> What you should do
Take each line from the entries that holds "Redeemable" and copy it out.

============================================================

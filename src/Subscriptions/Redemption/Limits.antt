-- ===== src/Subscriptions/Redemption/Limits.antt =====
-- The limit on the redemptions of a coupon.
use mathlib.Core.Option
use paywall.Prelude.{
  false, ℕ, suc, ◌≤◌, ◌≡◌, sym, ◌∙◌, ap, Option, none, some, [], ◌∷◌, ◌++◌, arith, find_first,
  find_first-update_self, ok, state_of,
}
use paywall.Dates.{Date}
use paywall.Coupons.{
  Coupon, PromotionCode, SubscriptionCoupon, CouponDb, RedeemCouponDto, has_coupon_id,
}
use paywall.Coupons.Eligibility.{resolve_for_redemption, is_used_up}
use paywall.Coupons.Eligibility.Cases.{resolve-Redeemable}
use paywall.Subscriptions.Model.{Db, Subscription, coupon, coupon_applied}
use paywall.Subscriptions.Store.{has_id}
use paywall.Subscriptions.Redemption.{counted_once, coupon_event, redeem, redeemer_of, apply_coupon}
use paywall.Subscriptions.Redemption.Counts.{
  redeemed, after_redeem, count_promotion_coupons, redeem_eq, apply_coupon_cases,
}

-- A limit on redemptions, if there is one, is not exceeded.
abbrev pub WithinLimit : Option ℕ → ℕ → Type 0
WithinLimit none count = Unit {0}
WithinLimit (some limit) count = count ≤ limit

left-WithinLimit :
    (limit : Option ℕ) (count : ℕ) → is_used_up limit count ≡ false → WithinLimit limit (suc count)
left-WithinLimit none count h = tt
left-WithinLimit (some limit) count h = ground arith

redeemed-found :
    (id customer : ℕ) (c d : Coupon) (p : Option PromotionCode) (db : CouponDb)
    → find_first (has_coupon_id c.id) db.coupons ≡ some d
    → find_first (has_coupon_id c.id) (redeemed id customer c p db).coupons ≡ some (counted_once d)
redeemed-found id customer c d p db found =
    ap (find_first (has_coupon_id c.id)) (count_promotion_coupons p _).0
    ∙ find_first-update_self (has_coupon_id c.id) _ db.coupons (λ x h. h)
    ∙ ap (Option.map counted_once) found

-- An application of a coupon that succeeds was of a coupon of the subscription's organization,
-- counts it once more, which does not exceed its limit if it has one, and adds one redemption and
-- one event.
pub apply_coupon-limit :
    (now : Date) (id user : ℕ) (dto : RedeemCouponDto) (db db' : Db) (row : SubscriptionCoupon)
    → apply_coupon now id user dto db ≡ ok row db'
    → (s : Subscription) × (c : Coupon) × (find_first (has_id id) db.subscriptions ≡ some s)
      × (find_first (has_coupon_id row.coupon_id) db.coupon_db.coupons ≡ some c)
      × (c.organization_id ≡ s.organization_id)
      × (find_first (has_coupon_id row.coupon_id) db'.coupon_db.coupons ≡ some (counted_once c))
      × WithinLimit c.max_redemptions (suc c.redemption_count)
      × (db'.coupon_db.subscription_coupons ≡ db.coupon_db.subscription_coupons ++ row ∷ [])
      × (db'.events
          ≡ db.events
            ++ coupon_event id user coupon_applied (coupon row.coupon_id row.promotion_code_id)
              ∷ [])
apply_coupon-limit now id user dto db db' row h =
    let (s, c, p, found, can, e, e') = apply_coupon_cases now id user dto db db' row h in
    let at : row.coupon_id ≡ c.id = ap (λ r. r.coupon_id) e in
    (
      s,
      c,
      found,
      ap (λ k. find_first (has_coupon_id k) db.coupon_db.coupons) at ∙ can.found,
      can.owner,
      ap (λ k. find_first (has_coupon_id k) db'.coupon_db.coupons) at
          ∙ ap (λ d. find_first (has_coupon_id c.id) d.coupon_db.coupons) e'
          ∙ redeemed-found id s.customer_id c c p db.coupon_db can.found,
      left-WithinLimit c.max_redemptions c.redemption_count can.left,
      ap (λ d. d.coupon_db.subscription_coupons) e'
          ∙ (count_promotion_coupons p _).1
          ∙ ap (λ r. db.coupon_db.subscription_coupons ++ r ∷ []) (sym e),
      ap (λ d. d.events) e'
          ∙ ap
              (λ r.
                db.events
                ++ coupon_event id user coupon_applied (coupon r.coupon_id r.promotion_code_id)
                  ∷ [])
              (sym e),
    )

-- If two requests have both resolved a coupon with one redemption left before either of them writes,
-- both redeem it, and the count exceeds the limit by one.
pub redeem_race :
    (now : Date) (user : ℕ) (s t : Subscription) (dto dto' : RedeemCouponDto) (db : Db) (c : Coupon)
    (p p' : Option PromotionCode) (limit : ℕ)
    → resolve_for_redemption now s.organization_id dto (redeemer_of s) db.coupon_db
      ≡ ok (c, p) db.coupon_db
    → resolve_for_redemption now t.organization_id dto' (redeemer_of t) db.coupon_db
      ≡ ok (c, p') db.coupon_db
    → c.max_redemptions ≡ some limit
    → suc c.redemption_count ≡ limit
    → (row : SubscriptionCoupon) × (db' : Db) × (d : Coupon) × (redeem t.id user t.customer_id c p'
          (state_of (redeem s.id user s.customer_id c p db))
        ≡ ok row db')
      × (find_first (has_coupon_id c.id) db'.coupon_db.coupons ≡ some d)
      × (d.max_redemptions ≡ some limit)
      × (d.redemption_count ≡ suc limit)
redeem_race now user s t dto dto' db c p p' limit first second at_most last =
    let (_, can) =
      resolve-Redeemable now s.organization_id dto (redeemer_of s) db.coupon_db db.coupon_db c p
        first in
    let one = after_redeem s.id user s.customer_id c p db in
    (
      _,
      after_redeem t.id user t.customer_id c p' one,
      counted_once (counted_once c),
      ap (λ o. redeem t.id user t.customer_id c p' (state_of o))
            (redeem_eq s.id user s.customer_id c p db)
          ∙ redeem_eq t.id user t.customer_id c p' one,
      redeemed-found t.id t.customer_id c (counted_once c) p' one.coupon_db
          (redeemed-found s.id s.customer_id c c p db.coupon_db can.found),
      at_most,
      ap suc last,
    )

============================================================

> Solution to this problem
use paywall.Coupons.Eligibility.Cases.{resolve-Redeemable}
      resolve-Redeemable now s.organization_id dto (redeemer_of s) db.coupon_db db.coupon_db c p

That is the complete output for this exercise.